Addendum 1: I have also written many papers like Would the Borda Count have Avoided the Civil War? and Patent Theory versus Patent Law where the topic was driven out of some non-ideological interest or simply because I had an idea. Publish or perish!

## Direct Instruction: A Half Century of Research Shows Superior Results

What if I told you that there is a method of education which significantly raises achievement, has been shown to work for students of a wide range of abilities, races, and socio-economic levels and has been shown to be superior to other methods of instruction in hundreds of tests? Well, the method is Direct Instruction and I first told you about it in Heroes are Not Replicable. I am reminded of this by the just-published, The Effectiveness of Direct Instruction Curricula: A Meta-Analysis of a Half Century of Research which, based on an analysis of 328 studies using 413 study designs examining outcomes in reading, math, language, other academic subjects, and affective measures (such as self-esteem), concludes:

…Our results support earlier reviews of the DI effectiveness literature. The estimated effects were consistently positive. Most estimates would be considered medium to large using the criteria generally used in the psychological literature and substantially larger than the criterion of .25 typically used in education research (Tallmadge, 1977). Using the criteria recently suggested by Lipsey et al. (2012), 6 of the 10 baseline estimates and 8 of the 10 adjusted estimates in the reduced models would be considered huge. All but one of the remaining six estimates would be considered large. Only 1 of the 20 estimates, although positive, might be seen as educationally insignificant.

…The strong positive results were similar across the 50 years of data; in articles, dissertations, and gray literature; across different types of research designs, assessments, outcome measures, and methods of calculating effects; across different types of samples and locales, student poverty status, race-ethnicity, at-risk status, and grade; across subjects and programs; after the intervention ceased; with researchers or teachers delivering the intervention; with experimental or usual comparison programs; and when other analytic methods, a broader sample, or other control variables were used.

It is very unusual to see an educational method successfully replicate across such a long period of time and across so many different margins.

Direct Instruction was pioneered by Siegfried Engelmann in the 1960s and is a scientific approach to teaching. First, a skill such as reading or subtraction is broken down into simple components, then a method to teach that component is developed and tested in lab and field. The method must be explicitly codified and when used must be free of vagueness so students are reliably led to the correct interpretation. Materials, methods and scripts are then produced for teachers to follow very closely. Students are ability not age-grouped and no student advances before mastery. The lessons are fast-paced and feedback and assessment are quick. You can get an idea of how it works in the classroom in this Thales Academy promotional video. Here is a math lesson on counting. It looks odd but it works.

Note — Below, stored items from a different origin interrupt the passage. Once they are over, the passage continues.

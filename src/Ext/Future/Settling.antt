-- ===== src/Ext/Future/Settling.antt =====
-- src/endpoint/ext/and_then.rs, src/endpoint/ext/recover.rs: what polling comes to.
use finch_router.Prelude.{◌≡◌, refl, Option, none, some, Outcome, ok, err, panicked, arith}
use finch_router.Common.{One, one}
use finch_router.Crates.{Crates}
use finch_router.Error.{Error}
use finch_router.Context.{PreflightContext, ActionContext}
use finch_router.Action.{Async, not_ready, incomplete, EndpointAction}
use finch_router.Action.Runs.{Settles, now, later, as_poll}
use finch_router.Ext.Future.{WithFuture, and_then_action, recover_action, preflight_recover}

module _ {ℓ} {E R : Type 0} {Fut : Type ℓ} (poll : Fut → Outcome E (Async R) × Fut) where
  -- Polling a future ends with a result.
  pub data Resolves (r : Outcome E R) (fut' : Fut) : Fut → Type ℓ where
    resolved : {fut : Fut} → poll fut ≡ (as_poll r, fut') → Resolves r fut' fut
    pending :
        {fut fut1 : Fut}
        → poll fut ≡ (ok not_ready, fut1)
        → Resolves r fut' fut1
        → Resolves r fut' fut

-- the result of a future, as the output of an endpoint
abbrev pub wrap : {R : Type 0} → Outcome Error R → Outcome Error (One R)
wrap (ok x) = ok (one x)
wrap (err e) = err e
wrap panicked = panicked

abbrev pub with_future : {S Fut : Type 0} → S → Option Fut → WithFuture S Fut
with_future s fut = record { action = s; in_flight = fut }

module _ {k : Crates} {Bd S T Fut R : Type 0} (poll : Fut → Outcome Error (Async R) × Fut) where
  module _ (a : EndpointAction k Bd S T) (f : T → Fut) where
    pub and_then_future :
        {r : Outcome Error R} (s : S) {fut' fut : Fut} {cx : ActionContext k Bd}
        → Resolves poll r fut' fut
        → Settles
            (and_then_action poll a f)
            (wrap r)
            (with_future s (some fut'))
            cx
            (with_future s (some fut))
            cx
    unfolding and_then_action
    and_then_future s (resolved e) = now (ground (arith, e))
    and_then_future s (pending e st) = later (ground (arith, e)) (and_then_future s st)

    -- After the action settles with an output, `and_then` settles as the future made from that
    -- output does, in the context that the action leaves.
    pub and_then-Settles :
        {r : Outcome Error R} {x : T} {s' : S} {fut' : Fut} {cx' : ActionContext k Bd} {s : S}
        {cx : ActionContext k Bd}
        → Settles a (ok x) s' cx' s cx
        → Resolves poll r fut' (f x)
        → Settles
            (and_then_action poll a f)
            (wrap r)
            (with_future s' (some fut'))
            cx'
            (with_future s none)
            cx
    unfolding and_then_action
    and_then-Settles (now e) (resolved g) = now (ground (arith, e, g))
    and_then-Settles (now e) (pending g st) = later (ground (arith, e, g)) (and_then_future _ st)
    and_then-Settles (later e st) u = later (ground (arith, e)) (and_then-Settles st u)

module _ {k : Crates} {Bd S Fut R : Type 0} (poll : Fut → Outcome Error (Async R) × Fut)
    (a : EndpointAction k Bd S (One R)) (f : Error → Fut) where
  pub recover_future :
      {r : Outcome Error R} (s : S) {fut' fut : Fut} {cx : ActionContext k Bd}
      → Resolves poll r fut' fut
      → Settles
          (recover_action poll a f)
          (wrap r)
          (with_future s (some fut'))
          cx
          (with_future s (some fut))
          cx
  unfolding recover_action
  recover_future s (resolved e) = now (ground (arith, e))
  recover_future s (pending e st) = later (ground (arith, e)) (recover_future s st)

  -- After the action settles with an error, `recover` settles as the future made from that error
  -- does, in the context that the action leaves.
  pub recover-Settles :
      {r : Outcome Error R} {x : Error} {s' : S} {fut' : Fut} {cx' : ActionContext k Bd} {s : S}
      {cx : ActionContext k Bd}
      → Settles a (err x) s' cx' s cx
      → Resolves poll r fut' (f x)
      → Settles
          (recover_action poll a f)
          (wrap r)
          (with_future s' (some fut'))
          cx'
          (with_future s none)
          cx
  unfolding recover_action
  recover-Settles (now e) (resolved g) = now (ground (arith, e, g))
  recover-Settles (now e) (pending g st) = later (ground (arith, e, g)) (recover_future _ st)
  recover-Settles (later e st) u = later (ground (arith, e)) (recover-Settles st u)

  -- Where the action's own check fails, the check of `recover` is incomplete, and where the future
  -- made from that error resolves, polling from the state that the check leaves settles as the
  -- future does, in whatever context: the action is not polled.
  preflight_recover-Settles :
      {r : Outcome Error R} {fut' : Fut} (s s' : S) (cx cx' : PreflightContext k) (x : Error)
      (ax : ActionContext k Bd)
      → a.preflight s cx ≡ (err x, s', cx')
      → Resolves poll r fut' (f x)
      → let (checked, w, cx'') = preflight_recover poll a f (with_future s none) cx in
        (checked ≡ ok incomplete)
        × (cx'' ≡ cx')
        × Settles (recover_action poll a f) (wrap r) (with_future s' (some fut')) ax w ax
  unfolding preflight_recover
  preflight_recover-Settles s s' cx cx' x ax e st =
      let left : preflight_recover poll a f (with_future s none) cx
          ≡ (ok incomplete, with_future s' (some (f x)), cx') =
        ground (arith, e) in
      rw left (refl, refl, recover_future s' st)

Even though Direct Instruction has been shown to work in hundreds of tests it is not widely used. It’s almost as if education is not about educating.

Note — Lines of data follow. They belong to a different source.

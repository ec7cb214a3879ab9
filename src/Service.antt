-- ===== src/Service.antt =====
-- src/service.rs: `AppService` turns a request into an `AppFuture`, which checks the endpoint's
-- action once and then polls it.
pub mod Driving
pub mod Response
pub mod Assembly
pub mod Futures
use finch_router.Prelude.{Option, none, some, Outcome, ok, err, panicked}
use finch_router.Crates.{Crates}
use finch_router.Error.{Error}
use finch_router.Context.{Context, ActionContext, new_context, new_preflight}
use finch_router.Action.{Async, ready, completed, incomplete, EndpointAction, Endpoint}

pub data AppFutureState {ℓ} (A : Type ℓ) : Type ℓ where
  start : Option A → AppFutureState A
  in_flight : A → AppFutureState A

-- `AppFuture`, without the endpoint's functions
pub record AppFuture {ℓ} (k : Crates) (Bd : Type 0) (A : Type ℓ) : Type ℓ where
  pub state : AppFutureState A
  pub context : Context k
  pub body : Option Bd

module _ {ℓ} {k : Crates} {Bd T : Type 0} {A : Type ℓ} where
  -- `AppService::dispatch`, and `Service::call`; the request's parts and its body are given apart
  unfoldable pub dispatch : Endpoint k Bd A T → k.Request → Bd → AppFuture k Bd A
  unfolding new_context
  dispatch e request body = record {
    state = start (some e.action);
    context = new_context request;
    body = some body;
  }

module _ {ℓ} {k : Crates} {Bd T : Type 0} {A : Type ℓ} (a : EndpointAction k Bd A T) where
  -- the `InFlight` arm of `poll_apply`; the context and the body are lent to the action
  unfoldable pub poll_in_flight : A → AppFuture k Bd A → Outcome Error (Async T) × AppFuture k Bd A
  poll_in_flight action fut =
      let (r, action', cx) =
        a.poll_action action (record { context = fut.context; body = fut.body }) in
      (r, record { state = in_flight action'; context = cx.context; body = cx.body })

  -- `AppFuture::poll_apply`. Its loop has at most two rounds: the `Start` arm returns or goes on to
  -- the `InFlight` arm, which returns. The action is taken out of `Start` first, and the check has
  -- the context for reading only.
  unfoldable pub poll_apply : AppFuture k Bd A → Outcome Error (Async T) × AppFuture k Bd A
  unfolding poll_in_flight new_preflight
  poll_apply fut = elim fut.state [
    | start none ↦ (panicked, fut)
    | start (some action) ↦
        let (r, action', _) = a.preflight action (new_preflight fut.context) in
        let taken : AppFuture k Bd A = record fut { state = start none } in
        elim r [
          | ok (completed output) ↦ (ok (ready output), taken)
          | ok incomplete ↦ poll_in_flight action' fut
          | err e ↦ (err e, taken)
          | panicked ↦ (panicked, taken)
        ]
    | in_flight action ↦ poll_in_flight action fut
  ]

Some people object that DI is like mass-production. This is a feature not a bug. Mass-production is one of the few ways yet discovered to produce quality on a mass scale. Any method will probably work if a heroic teacher puts in enough blood, sweat and tears but those methods don’t scale. DI scales when used by mortals which is why it consistently beats other methods in large scale tests.

Many teachers don’t like DI when first exposed to it because it requires teacher training and discipline. Teachers are not free to make up their own lesson plans. But why should they be? Lesson plans should be developed by teams of cognitive psychologists, educational researchers and other experts who test them using randomized controlled trials; not made up by amateurs who are subject to small-sample and confirmation bias. Contrary to the critics, however, DI does leave room for teachers to be creative. Actors also follow a script but some are much better than others. Instructors who use DI enjoy being effective.

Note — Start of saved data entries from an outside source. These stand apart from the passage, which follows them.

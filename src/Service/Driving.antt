-- ===== src/Service/Driving.antt =====
-- src/service.rs: what driving an `AppFuture` to its end comes to, in terms of the action.
use finch_router.Prelude.{◌≡◌, some, Outcome, ok, err, panicked, arith}
use finch_router.Crates.{Crates}
use finch_router.Error.{Error}
use finch_router.Context.{PreflightContext, ActionContext, new_context, new_preflight}
use finch_router.Action.{ready, completed, incomplete, EndpointAction, Endpoint}
use finch_router.Action.Runs.{Settles, now, later}
use finch_router.Ext.Future.Settling.{Resolves, resolved, pending}
use finch_router.Service.{AppFuture, in_flight, dispatch, poll_apply}

-- the context that the action is first polled with
abbrev pub first_context : {k : Crates} {Bd : Type 0} → k.Request → Bd → ActionContext k Bd
first_context request body = record { context = new_context request; body = some body }

-- a future whose action is polled
abbrev pub flying : {k : Crates} {Bd A : Type 0} → A → ActionContext k Bd → AppFuture k Bd A
flying action cx = record { state = in_flight action; context = cx.context; body = cx.body }

module _ {k : Crates} {Bd A T : Type 0} where
  module _ (a : EndpointAction k Bd A T) where
    poll_apply-flying :
        {r : Outcome Error T} {s' : A} {cx' : ActionContext k Bd} {s : A} {cx : ActionContext k Bd}
        → Settles a r s' cx' s cx
        → Resolves (poll_apply a) r (flying s' cx') (flying s cx)
    unfolding poll_apply
    poll_apply-flying (now e) = resolved (ground (arith, e))
    poll_apply-flying (later e st) = pending (ground (arith, e)) (poll_apply-flying st)

  module _ (e : Endpoint k Bd A T) (request : k.Request) (body : Bd) where
    -- Where the check of the endpoint is incomplete, driving the dispatched future ends as polling
    -- the action does, from a context that holds the request and its body, whatever the check did
    -- to its own.
    pub dispatch-Settles :
        {r : Outcome Error T} {s s' : A} {cx' : ActionContext k Bd} {px : PreflightContext k}
        → e.behaviour.preflight e.action (new_preflight (new_context request))
          ≡ (ok incomplete, s, px)
        → Settles e.behaviour r s' cx' s (first_context request body)
        → Resolves (poll_apply e.behaviour) r (flying s' cx') (dispatch e request body)
    unfolding dispatch poll_apply
    dispatch-Settles p (now f) = resolved (ground (arith, p, f))
    dispatch-Settles p (later f st) =
        pending (ground (arith, p, f)) (poll_apply-flying e.behaviour st)

    -- the future once its action has been taken out
    abbrev spent : AppFuture k Bd A
    spent = (poll_apply e.behaviour (dispatch e request body)).1

    -- Where the check gives an output, the first poll of the dispatched future is ready with it,
    -- keeps the request and its body, and a second poll panics.
    dispatch_completed :
        (s : A) (px : PreflightContext k) (output : T)
        → e.behaviour.preflight e.action (new_preflight (new_context request))
          ≡ (ok (completed output), s, px)
        → ((poll_apply e.behaviour (dispatch e request body)).0 ≡ ok (ready output))
          × (spent.body ≡ some body)
          × (spent.context ≡ new_context request)
          × ((poll_apply e.behaviour spent).0 ≡ panicked)
    unfolding dispatch poll_apply
    dispatch_completed s px output p = ground (arith, p)

    -- Where the check fails, the first poll of the dispatched future fails with its error, keeps
    -- the request and its body, and a second poll panics.
    pub dispatch_failed :
        (s : A) (px : PreflightContext k) (x : Error)
        → e.behaviour.preflight e.action (new_preflight (new_context request)) ≡ (err x, s, px)
        → ((poll_apply e.behaviour (dispatch e request body)).0 ≡ err x)
          × (spent.body ≡ some body)
          × (spent.context ≡ new_context request)
          × ((poll_apply e.behaviour spent).0 ≡ panicked)
    unfolding dispatch poll_apply
    dispatch_failed s px x p = ground (arith, p)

Quoting the authors of the meta-analysis:

Many current curriculum recommendations, such as those included within the Common Core, promote student-led and inquiry-based approaches with substantial ambiguity in instructional practices. The strong pattern of results presented in this article, appearing across all subject matters, student populations, settings, and age levels, should, at the least, imply a need for serious examination and reconsideration of these recommendations (see also Engelmann, 2014a; Morgan, Farkas, & Maczuga, 2015; Zhang, 2016). It is clear that students make sense of and interpret the information that they are given—but their learning is enhanced only when the information presented is explicit, logically organized, and clearly sequenced. To do anything less shirks the responsibility of effective instruction.
Hat tip: Robert Pondiscio at Education Next.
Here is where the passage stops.